- _WHAT TO DO_
The expected answer is the set of lines in the data below between the line holding "f k ≡ false)" and the line holding "rank k [] = 0", inclusive, written out exactly.

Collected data
--- START ---

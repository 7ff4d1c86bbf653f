-- ===== src/Dmt/SortedSlice/Laws.antt =====
-- Binary search over a sorted slice finds the key's rank.
use datura.Prelude.{
  ℕ, zero, suc, ◌+◌, ◌/◌, ◌≤◌, ◌<◌, ◌≡◌, refl, inl, inr, Bool, true, false, none, List, [], ◌∷◌,
  arith, if◌then◌else◌, length, All, Bool-cases,
}
use datura.Prelude.Bytes.{
  Bytes, bytes_lt, Before, Before-trans, Before→gt, bytes-Compared, below, same, above,
}
use datura.Dmt.SortedSlice.{
  search_loop, search_first, reached, lower_bound, key_at, IsSorted, find_key,
}

-- `sort.Search` on a predicate that turns from false to true at `r` returns `r`.
pub search_loop_lem :
    (fuel : ℕ) (f : ℕ → Bool) (i j r : ℕ)
    → j ≤ i + fuel
    → i ≤ r
    → r ≤ j
    → ((k : ℕ) → k < r → f k ≡ false)
    → ((k : ℕ) → r ≤ k → f k ≡ true)
    → search_loop fuel f i j ≡ r
unfolding search_loop
search_loop_lem zero f i j r hf hi hj lo hi' = omega arith
search_loop_lem (suc fuel) f i j r hf hi hj lo up = ground (
  arith,
  lo ((i + j) / 2),
  up ((i + j) / 2),
  search_loop_lem fuel f i ((i + j) / 2) r,
  search_loop_lem fuel f ((i + j) / 2 + 1) j r,
)

module _ {A : Type 0} (key : A → Bytes) where
  -- How many keys come before `k`.
  unfoldable pub rank : Bytes → List A → ℕ
  rank k [] = 0
  rank k (x ∷ xs) = let rest = rank k xs in if bytes_lt (key x) k then suc rest else 0

  rank-le : (k : Bytes) (xs : List A) → rank k xs ≤ length xs
  unfolding rank
  rank-le k [] = omega arith
  rank-le k (x ∷ xs) = ground (arith, rank-le k xs)

  before_rank : (k : Bytes) (xs : List A) (i : ℕ) → i < rank k xs → reached key xs k i ≡ false
  unfolding rank
  before_rank k [] i h = absurd (omega arith)
  before_rank k (x ∷ xs) zero h = ground arith
  before_rank k (x ∷ xs) (suc i) h = before_rank k xs i (ground arith)

  -- Past an element that is not below `k`, no element is.
  reached_above :
      (k : Bytes) (x : A) (xs : List A) (i : ℕ)
      → bytes_lt (key x) k ≡ false
      → All (λ y. Before (key x) (key y)) xs
      → reached key xs k i ≡ true
  reached_above k x [] i h s = refl
  reached_above k x (y ∷ ys) zero h s = ground (arith, Before-trans (key x) (key y) k)
  reached_above k x (y ∷ ys) (suc i) h s = reached_above k x ys i h s.1

  past_rank :
      (k : Bytes) (xs : List A) (i : ℕ)
      → IsSorted key xs
      → rank k xs ≤ i
      → reached key xs k i ≡ true
  unfolding rank
  past_rank k [] i s h = refl
  past_rank k (x ∷ xs) zero s h = ground arith
  past_rank k (x ∷ xs) (suc i) s h = elim (Bool-cases (bytes_lt (key x) k)) [
    | inl e ↦ past_rank k xs i s.1 (ground arith)
    | inr e ↦ reached_above k x xs i e s.0
  ]

  pub lower_bound-eq-rank :
      (xs : List A) (k : Bytes) → IsSorted key xs → lower_bound key xs k ≡ rank k xs
  unfolding lower_bound search_first
  lower_bound-eq-rank xs k s =
      search_loop_lem (length xs) (reached key xs k) 0 (length xs) (rank k xs) (omega arith)
        (omega arith) (rank-le k xs) (before_rank k xs) (λ i h. past_rank k xs i s h)

  -- A key below every element is not among them.
  pub find_key_above :
      (k : Bytes) (xs : List A) → All (λ y. Before k (key y)) xs → find_key key k xs ≡ none
  unfolding find_key
  find_key_above k [] h = refl
  find_key_above k (x ∷ xs) h = ground (arith, find_key_above k xs, Before→gt k (key x), h.0)

  pub All-above :
      (k l : Bytes) (xs : List A)
      → Before k l
      → All (λ y. Before l (key y)) xs
      → All (λ y. Before k (key y)) xs
  All-above k l [] h s = tt
  All-above k l (x ∷ xs) h s = (Before-trans k l (key x) h s.0, All-above k l xs h s.1)

  pub key_at-rank :
      (k : Bytes) (xs : List A) → IsSorted key xs → key_at key xs (rank k xs) k ≡ find_key key k xs
  unfolding rank find_key
  key_at-rank k [] s = refl
  key_at-rank k (x ∷ xs) s = elim (bytes-Compared (key x) k) [
    | below e _ ↦ ground (arith, key_at-rank k xs s.1)
    | same p e ↦ ground arith
    | above e g ↦ ground (arith, find_key_above k xs (All-above k (key x) xs g s.0))
  ]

--- END ---

- _REPLY_
    → ((k : ℕ) → k < r → f k ≡ false)
    → ((k : ℕ) → r ≤ k → f k ≡ true)
    → search_loop fuel f i j ≡ r
unfolding search_loop
search_loop_lem zero f i j r hf hi hj lo hi' = omega arith
search_loop_lem (suc fuel) f i j r hf hi hj lo up = ground (
  arith,
  lo ((i + j) / 2),
  up ((i + j) / 2),
  search_loop_lem fuel f i ((i + j) / 2) r,
  search_loop_lem fuel f ((i + j) / 2 + 1) j r,
)

module _ {A : Type 0} (key : A → Bytes) where
  -- How many keys come before `k`.
  unfoldable pub rank : Bytes → List A → ℕ
  rank k [] = 0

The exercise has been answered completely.